Hier nen Testbericht http://www.mobiflip.de/2010/02/kodak-zi8-full-hd-pocket-videokamera-im-test/


Gruß
Marcus


----------



## jan_hl (2. März 2010)

was ist mit der?

http://www.goprocamera.com/index.php?area=2&productid=33

Ist zwar nicht mehr ganz preiswert, aber evtl. lohnt das sparen?

Beispiele gibt's da:

http://www.goprocamera.com/hdheropreview/


----------



## Icke84 (2. März 2010)

jan_hl schrieb:


> was ist mit der?
> 
> http://www.goprocamera.com/index.php?area=2&productid=33
> 
> ...



na die is sowieso der hammer für actionaufnahmen. als helmkamera usw.
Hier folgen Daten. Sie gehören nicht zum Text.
-- ===== src/Ntp/Desktop.antt =====
-- src/ntp/ntp_client.cpp as built for desktop tests: a stub that is never synchronised.
use ungula_lib_net.Base.{ℕ, ◌<◌, ◌≡◌, Bool, false, List, [], arith}
use ungula_lib_net.Ntp.{ℤ, pos, NtpConfig, NtpClient, year_2020}
use ungula_lib_net.Ntp

-- The static variable `s_utcOffset`.
pub record Desktop : Type 0 where
  pub utc_offset : ℤ

unfoldable pub ntp_init : NtpConfig → Desktop → Desktop
ntp_init config d = record d { utc_offset = config.utc_offset_seconds }

unfoldable pub ntp_stop : Desktop → Desktop
ntp_stop d = d

unfoldable pub ntp_is_synced : Desktop → Bool
ntp_is_synced d = false

unfoldable pub ntp_epoch : Desktop → ℕ
ntp_epoch d = 0

unfoldable pub ntp_local_epoch : Desktop → ℤ
ntp_local_epoch d = pos 0

-- The text in the buffer, whose length is returned; it is empty where 0 is.
unfoldable pub ntp_format_local : ℕ → Desktop → List ℕ
ntp_format_local size d = []

-- The stub answers as the client of a node does while the node's clock stands before 2020.
pub stub_as_unset :
    {D : Type 0} (n : NtpClient D) (d : Desktop) (now size : ℕ)
    → now < year_2020
    → (Ntp.ntp_is_synced now n ≡ ntp_is_synced d)
      × (Ntp.ntp_epoch now n ≡ ntp_epoch d)
      × (Ntp.ntp_local_epoch now n ≡ ntp_local_epoch d)
      × (Ntp.ntp_format_local size now n ≡ ntp_format_local size d)
unfolding ntp_is_synced ntp_epoch ntp_local_epoch ntp_format_local Ntp.ntp_is_synced Ntp.ntp_epoch
    Ntp.ntp_local_epoch Ntp.ntp_format_local
stub_as_unset n d now size unset = ground arith
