-- ===== src/Ntp/Format.antt =====
-- The local time as text.
use ungula_lib_net.Base.{
  ℕ, ◌*◌, ◌≤◌, ◌<◌, ◌≡◌, ◌≢◌, refl, sym, ◌∙◌, ap, false, List, [], some, arith, ltb, length,
  Bool-cases, inl, inr,
}
use ungula_lib_net.Calendar.{Tm, gmtime, strftime, days_in_year}
use ungula_lib_net.Calendar.Days.{year_days}
use ungula_lib_net.Calendar.Laws.{IsTime, seconds_of, gmtime_lem, read_time, read-strftime}
use ungula_lib_net.Ntp.{
  ℤ, pos, negsuc, ◌+ℤ◌, NtpClient, year_2020, cycle, since_1570, is_zero_time, ntp_local_epoch,
  ntp_epoch, ntp_format_local,
}

-- The cycle is that of the calendar.
cycle_lem : year_days 400 * 86400 ≡ cycle
unfolding year_days days_in_year
cycle_lem = refl

-- An offset of 32 bits.
abbrev pub IsInt32 : ℤ → Type 0
IsInt32 (pos n) = n < 2147483648
IsInt32 (negsuc n) = n < 2147483648

local_lem :
    (now : ℕ) (z : ℤ)
    → year_2020 ≤ now
    → IsInt32 z
    → pos (since_1570 (pos now +ℤ z)) ≡ (pos now +ℤ z) +ℤ pos cycle
local_lem now (pos k) late small = ground arith
local_lem now (negsuc k) late small = ground arith

zero_time : (z : ℤ) → z ≢ pos 0 → is_zero_time z ≡ false
zero_time (pos n) other = ground arith
zero_time (negsuc n) other = refl

-- The text denotes a time: it has 19 characters, from which a date and a time of day are read, and
-- the seconds from 1570 to them are those of the time `z` and of the 400 years from 1570 to 1970.
abbrev pub Denotes : List ℕ → ℤ → Type 0
Denotes text z =
    (length text ≡ 19)
    × ((t : Tm) × (read_time text ≡ some t)
        × IsTime t
        × (pos (seconds_of t) ≡ z +ℤ pos (year_days 400 * 86400)))

module _ {D : Type 0} where
  pub local_late :
      (now : ℕ) (n : NtpClient D)
      → year_2020 ≤ now
      → ntp_local_epoch now n ≡ pos now +ℤ n.utc_offset
  unfolding ntp_local_epoch ntp_epoch
  local_late now n late = ground arith

  pub local_early : (now : ℕ) (n : NtpClient D) → now < year_2020 → ntp_local_epoch now n ≡ pos 0
  unfolding ntp_local_epoch ntp_epoch
  local_early now n early = ground arith

  formatted :
      (size now : ℕ) (n : NtpClient D)
      → 20 ≤ size
      → year_2020 ≤ now
      → (pos now +ℤ n.utc_offset) ≢ pos 0
      → ntp_format_local size now n ≡ strftime size (gmtime (since_1570 (pos now +ℤ n.utc_offset)))
  unfolding ntp_format_local
  formatted size now n room late other =
      let fits : ltb size 20 ≡ false = ground arith in
      rw (local_late now n late, fits, zero_time (pos now +ℤ n.utc_offset) other) refl

  no_room : (size now : ℕ) (n : NtpClient D) → size < 20 → ntp_format_local size now n ≡ []
  unfolding ntp_format_local
  no_room size now n small = ground arith

  too_early : (size now : ℕ) (n : NtpClient D) → now < year_2020 → ntp_format_local size now n ≡ []
  unfolding ntp_format_local
  too_early size now n early =
      rw (local_early now n early)
        (elim (Bool-cases (ltb size 20)) [ inl small ↦ rw small refl | inr room ↦ rw room refl ])

  -- With 20 bytes of room, a clock past the start of 2020, an offset of 32 bits and a local time that
  -- is not 0 and lies before the year 10000, the text printed denotes the clock's time plus the
  -- offset, in the calendar and back. With less room, or before 2020, nothing is printed.
  pub ntp_format_local-Denotes :
      (size now : ℕ) (n : NtpClient D)
      → IsInt32 n.utc_offset
      → let z = pos now +ℤ n.utc_offset in
        z ≢ pos 0
        → (gmtime (since_1570 z)).year < 10000
        → (20 ≤ size → year_2020 ≤ now → Denotes (ntp_format_local size now n) z)
          × (size < 20 → ntp_format_local size now n ≡ [])
          × (now < year_2020 → ntp_format_local size now n ≡ [])
  ntp_format_local-Denotes size now n small other before = (
    λ room late.
        let z = pos now +ℤ n.utc_offset in
        let t = gmtime (since_1570 z) in
        let (is_time, seconds) = gmtime_lem (since_1570 z) in
        let (length, read) = read-strftime size t room is_time before in
        let same = formatted size now n room late other in
        (
          rw same length,
          (
            t,
            rw same read,
            is_time,
            ap pos seconds
                ∙ local_lem now n.utc_offset late small
                ∙ ap (λ c. z +ℤ pos c) (sym cycle_lem),
          ),
        ),
    no_room size now n,
    too_early size now n,
  )
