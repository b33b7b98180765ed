-- ===== src/Ntp/Runs.antt =====
-- What an NTP client reports, whatever calls to start and stop it were made before.
use ungula_lib_net.Base.{
  ℕ, ◌≤◌, ◌<◌, ◌≡◌, ◌↔◌, refl, ◌∙◌, ap, Bool, true, false, List, [], ◌∷◌, Option, none, some, arith,
}
use ungula_lib_net.Ntp.Format.{local_late, local_early}
use ungula_lib_net.Ntp.{
  pos, ◌+ℤ◌, NtpConfig, Sntp, NtpClient, year_2020, ntp_is_synced, ntp_epoch, ntp_local_epoch,
  ntp_init, ntp_stop,
}

pub data Call : Type 0 where
  start : NtpConfig → Call
  stop : Call

-- What esp_sntp documents: the service runs from its start to its stop.
pub record IsSntp {D : Type 0} (s : Sntp D) : Type 0 where
  pub up : D → Bool
  pub up-sntp_init : (d : D) → up (s.sntp_init d) ≡ true
  pub up-sntp_stop : (d : D) → up (s.sntp_stop d) ≡ false

-- The configuration in force after some calls: that of the start that found none in force.
unfoldable pub step_force : Option NtpConfig → Call → Option NtpConfig
step_force o stop = none
step_force none (start c) = some c
step_force (some c0) (start c) = some c0

unfoldable pub force : Option NtpConfig → List Call → Option NtpConfig
unfolding step_force
force o [] = o
force o (k ∷ ks) = force (step_force o k) ks

module _ {D : Type 0} ⦃s : Sntp D⦄ where
  pub call : Call → NtpClient D → NtpClient D
  unfolding ntp_init ntp_stop
  call (start c) n = ntp_init c n
  call stop n = ntp_stop n

  pub run : NtpClient D → List Call → NtpClient D
  unfolding call
  run n [] = n
  run n (k ∷ ks) = run (call k n) ks

module _ {D : Type 0} ⦃s : Sntp D⦄ (l : IsSntp s) where
  abbrev Agrees : Option NtpConfig → NtpClient D → Type 0
  Agrees none n = (n.initialised ≡ false) × (l.up n.sntp ≡ false)
  Agrees (some c) n =
      (n.initialised ≡ true) × (l.up n.sntp ≡ true) × (n.utc_offset ≡ c.utc_offset_seconds)

  call-Agrees :
      (k : Call) (o : Option NtpConfig) (n : NtpClient D)
      → Agrees o n
      → Agrees (step_force o k) (call k n)
  unfolding call step_force ntp_init ntp_stop
  call-Agrees (start c) none n (off, down) = rw off (refl, l.up-sntp_init _, refl)
  call-Agrees (start c) (some c0) n (on, up, same) = rw on (refl, up, same)
  call-Agrees stop none n (off, down) = rw off (refl, down)
  call-Agrees stop (some c0) n (on, up, same) = rw on (refl, l.up-sntp_stop n.sntp)

  run-Agrees :
      (ks : List Call) (o : Option NtpConfig) (n : NtpClient D)
      → Agrees o n
      → Agrees (force o ks) (run n ks)
  unfolding run force
  run-Agrees [] o n a = a
  run-Agrees (k ∷ ks) o n a = run-Agrees ks (step_force o k) (call k n) (call-Agrees k o n a)

  -- What is read of a client at a time.
  abbrev Reads : Option NtpConfig → ℕ → NtpClient D → Type 0
  Reads none now n =
      (l.up n.sntp ≡ false)
      × (ntp_is_synced now n ≡ false)
      × (year_2020 ≤ now → ntp_epoch now n ≡ now)
  Reads (some c) now n =
      (l.up n.sntp ≡ true)
      × ((ntp_is_synced now n ≡ true) ↔ (year_2020 < now))
      × (year_2020 ≤ now → ntp_local_epoch now n ≡ pos now +ℤ c.utc_offset_seconds)
      × (now < year_2020 → ntp_local_epoch now n ≡ pos 0)

  epoch_late : (now : ℕ) (n : NtpClient D) → year_2020 ≤ now → ntp_epoch now n ≡ now
  unfolding ntp_epoch
  epoch_late now n late = ground arith

  Agrees-Reads : (o : Option NtpConfig) (now : ℕ) (n : NtpClient D) → Agrees o n → Reads o now n
  unfolding ntp_is_synced
  Agrees-Reads none now n (off, down) = (down, ground arith, epoch_late now n)
  Agrees-Reads (some c) now n (on, up, same) = (
    up,
    ground arith,
    λ late. local_late now n late ∙ ap (λ o. pos now +ℤ o) same,
    local_early now n,
  )

  -- Whatever starts and stops were called on a client that was not running, in any order and however
  -- often, the service runs exactly while a configuration is in force, which is that of the first
  -- start since the last stop. Without one the client is never synchronised, though
  -- from 2020 on its epoch is the clock's. With one it is
  -- synchronised exactly if the clock is past the first second of 2020, and the local time is the
  -- clock's plus the offset of that configuration, or 0 before 2020.
  pub run-Reads :
      (ks : List Call) (now : ℕ) (n : NtpClient D)
      → n.initialised ≡ false
      → l.up n.sntp ≡ false
      → Reads (force none ks) now (run n ks)
  run-Reads ks now n off down =
      Agrees-Reads (force none ks) now (run n ks) (run-Agrees ks none n (off, down))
aber hast halt kein display und auch kein zoom sondern imme rnur extremes weitwinkel.


----------



## bike-show.de (2. März 2010)

Wo wir gerade beim Thema sind: hat jemand einen Tipp für eine gute kompakte Videokamera mit Festplatte? Preislich so um die 300 Euro? Mit Tasche und Kabeln sollte sie etwa Fahrradhelm-Größe haben.


----------



## bike 20 (2. März 2010)

Jvc gz-hd10


----------



## ZOO!CONTROL (13. März 2010)

Um 1763 Ecken behoben...


----------